══ RECORDS FOR THIS TASK
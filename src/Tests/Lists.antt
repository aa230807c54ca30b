-- ===== src/Tests/Lists.antt =====
-- The list operations on two lists in one heap: 10, 20 and 30 with the items 100, 200 and 300, and
-- an empty one.
use vt_mechanisms.Prelude.{
  ℕ, ◌≡◌, refl, ◌==◌, ◌+◌, if◌then◌else◌, none, some, [], ◌∷◌, arith, ℤ, pos,
}
use vt_mechanisms.Heap.{Ptr, null, Heap, Cmd, ok, pure}
use vt_mechanisms.Heap.Access.{Ends}
use vt_mechanisms.LinkedList.{
  Llist, equals, elem_not_found, llist_append, llist_remove_at, llist_remove, llist_destroy,
}
use vt_mechanisms.LinkedList.Linked.{Cells, elem, IsList}
use vt_mechanisms.LinkedList.Append.{IsAppended, llist_append_lem}
use vt_mechanisms.LinkedList.Unlink.{IsRemoved}
use vt_mechanisms.LinkedList.RemoveAt.{llist_remove_at_lem}
use vt_mechanisms.LinkedList.Remove.{IsFreed, llist_remove-missing, llist_remove_lem}
use vt_mechanisms.LinkedList.Destroy.{IsDestroyed, llist_destroy_lem}

abbrev cells : Cells
cells = (10, 100) ∷ (20, 200) ∷ (30, 300) ∷ []

abbrev heap : Heap ℕ
heap = record {
  nodes = λ p.
      if p == 10
      then some (elem 100 20 0)
      else if p == 20
      then some (elem 200 30 10)
      else if p == 30
      then some (elem 300 0 20)
      else none;
  items = λ p.
      if p == 100 then some 1 else if p == 200 then some 2 else if p == 300 then some 3 else none;
}

abbrev three : Llist ℕ
three = record { size = 3; head = 10; tail = 30; equals = equals }

abbrev empty : Llist ℕ
empty = record { size = 0; head = null; tail = null; equals = equals }

three-IsList : IsList heap.nodes three cells
three-IsList = record {
  size = refl;
  head = refl;
  tail = refl;
  linked = (refl, ground arith, refl, (refl, ground arith, refl, (refl, ground arith, refl, tt)));
}

-- what the checker says of an item against the item 200
abbrev to_200 : Ptr → ℤ
to_200 v = if v == 200 then pos 0 else pos 1

abbrev to_999 : Ptr → ℤ
to_999 v = pos 1

llist_append_example :
    Ends (llist_append 40 (elem 7 7 7) three 400 heap) (IsAppended heap three cells 40 400)
llist_append_example =
    llist_append_lem heap three 40 (elem 7 7 7) 400 cells three-IsList (ground arith) refl

llist_remove_at_example :
    Ends
      (llist_remove_at three (pos 1) heap)
      (IsRemoved heap three 20 200 ((10, 100) ∷ (30, 300) ∷ []))
llist_remove_at_example =
    llist_remove_at_lem heap three ((10, 100) ∷ []) 20 200 ((30, 300) ∷ []) three-IsList

llist_remove-missing_example : llist_remove three 999 heap ≡ ok (elem_not_found, three) heap
unfolding equals
llist_remove-missing_example =
    llist_remove-missing heap three to_999 999 cells three-IsList (refl, (refl, (refl, tt)))
      (refl, (refl, (refl, tt)))

llist_remove_example :
    Ends (llist_remove three 200 heap) (IsFreed heap three 20 200 ((10, 100) ∷ (30, 300) ∷ []))
unfolding equals
llist_remove_example =
    llist_remove_lem heap three to_200 200 ((10, 100) ∷ []) 20 200 ((30, 300) ∷ []) three-IsList
      refl refl (ground arith) (refl, (refl, (refl, tt))) (refl, tt)

-- adds up the items' addresses
abbrev add_up : Ptr → ℕ → Cmd ℕ ℕ
add_up v s = pure (s + v)

llist_destroy_example : Ends (llist_destroy three heap) (IsDestroyed heap three cells)
llist_destroy_example = llist_destroy_lem cells heap three three-IsList
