-- ===== src/Tests/Loops.antt =====
-- Three rounds of `main`: one that the thread answers, one in which it is blocked, and the stop.
use vt_mechanisms.Prelude.{ℕ, ◌≡◌, refl, true, false, List, [], ◌∷◌, ◌++◌, ℤ, pos, codes}
use vt_mechanisms.Command.{ack_and_get_next_command, parse_commands}
use vt_mechanisms.MainLoop.{saw, sent, got, ordered, MainTurn, left, main_loop, loop_entry}
use vt_mechanisms.MainLoop.Follows.{Answers}
use vt_mechanisms.MainLoop.Play.{Follows}
use vt_mechanisms.MainLoop.Follows.{main_loop-Follows}

abbrev pub run_for : List ℕ → ℤ × List ℕ
run_for results = (pos 0, codes "|7,120000" ++ 0 ∷ 0 ∷ 0 ∷ [])

abbrev pub stop_now : List ℕ → ℤ × List ℕ
stop_now results = (pos 0, codes "STOP" ++ 0 ∷ [])

abbrev pub answered : MainTurn
answered = record { ioctl = run_for; is_blocked = false; message = codes "30" }

abbrev blocked : MainTurn
blocked = record { ioctl = run_for; is_blocked = true; message = codes "-1" }

abbrev pub stopped : MainTurn
stopped = record { ioctl = stop_now; is_blocked = true; message = codes "-1" }

pub answered-Answers : Answers answered
answered-Answers = record {
  nul_at = λ ret. 9;
  nul = λ ret. refl;
  first = b'3';
  rest = codes "0";
  spoken = refl;
}

blocked-Answers : Answers blocked
blocked-Answers = record {
  nul_at = λ ret. 9;
  nul = λ ret. refl;
  first = b'-';
  rest = codes "1";
  spoken = refl;
}

pub stopped-Answers : Answers stopped
stopped-Answers = record {
  nul_at = λ ret. 4;
  nul = λ ret. refl;
  first = b'-';
  rest = codes "1";
  spoken = refl;
}

main_loop-Follows_example :
    Follows
      (answered ∷ blocked ∷ stopped ∷ [])
      loop_entry
      (main_loop (answered ∷ blocked ∷ stopped ∷ []) loop_entry)
main_loop-Follows_example =
    main_loop-Follows (answered ∷ blocked ∷ stopped ∷ []) loop_entry
      (answered-Answers, (blocked-Answers, (stopped-Answers, tt)))

-- 150 microseconds of the first round and 120 of the second
main_loop_runs :
    main_loop (answered ∷ blocked ∷ stopped ∷ []) loop_entry
    ≡ left (record {
      ret = pos 0;
      time_elapsed = pos 270;
      stop = true;
      did =
          saw false
          ∷ sent (codes "120")
          ∷ got (codes "30")
          ∷ saw true
          ∷ ordered
          ∷ sent (codes "-2")
          ∷ [];
    })
unfolding main_loop ack_and_get_next_command parse_commands
main_loop_runs = refl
════
WHAT YOU SHOULD DO> Within the lines above, find those holding the word "pure" and copy them.

RESULT OF THIS TASK>
use vt_mechanisms.Heap.{Ptr, null, Heap, Cmd, ok, pure}
add_up v s = pure (s + v)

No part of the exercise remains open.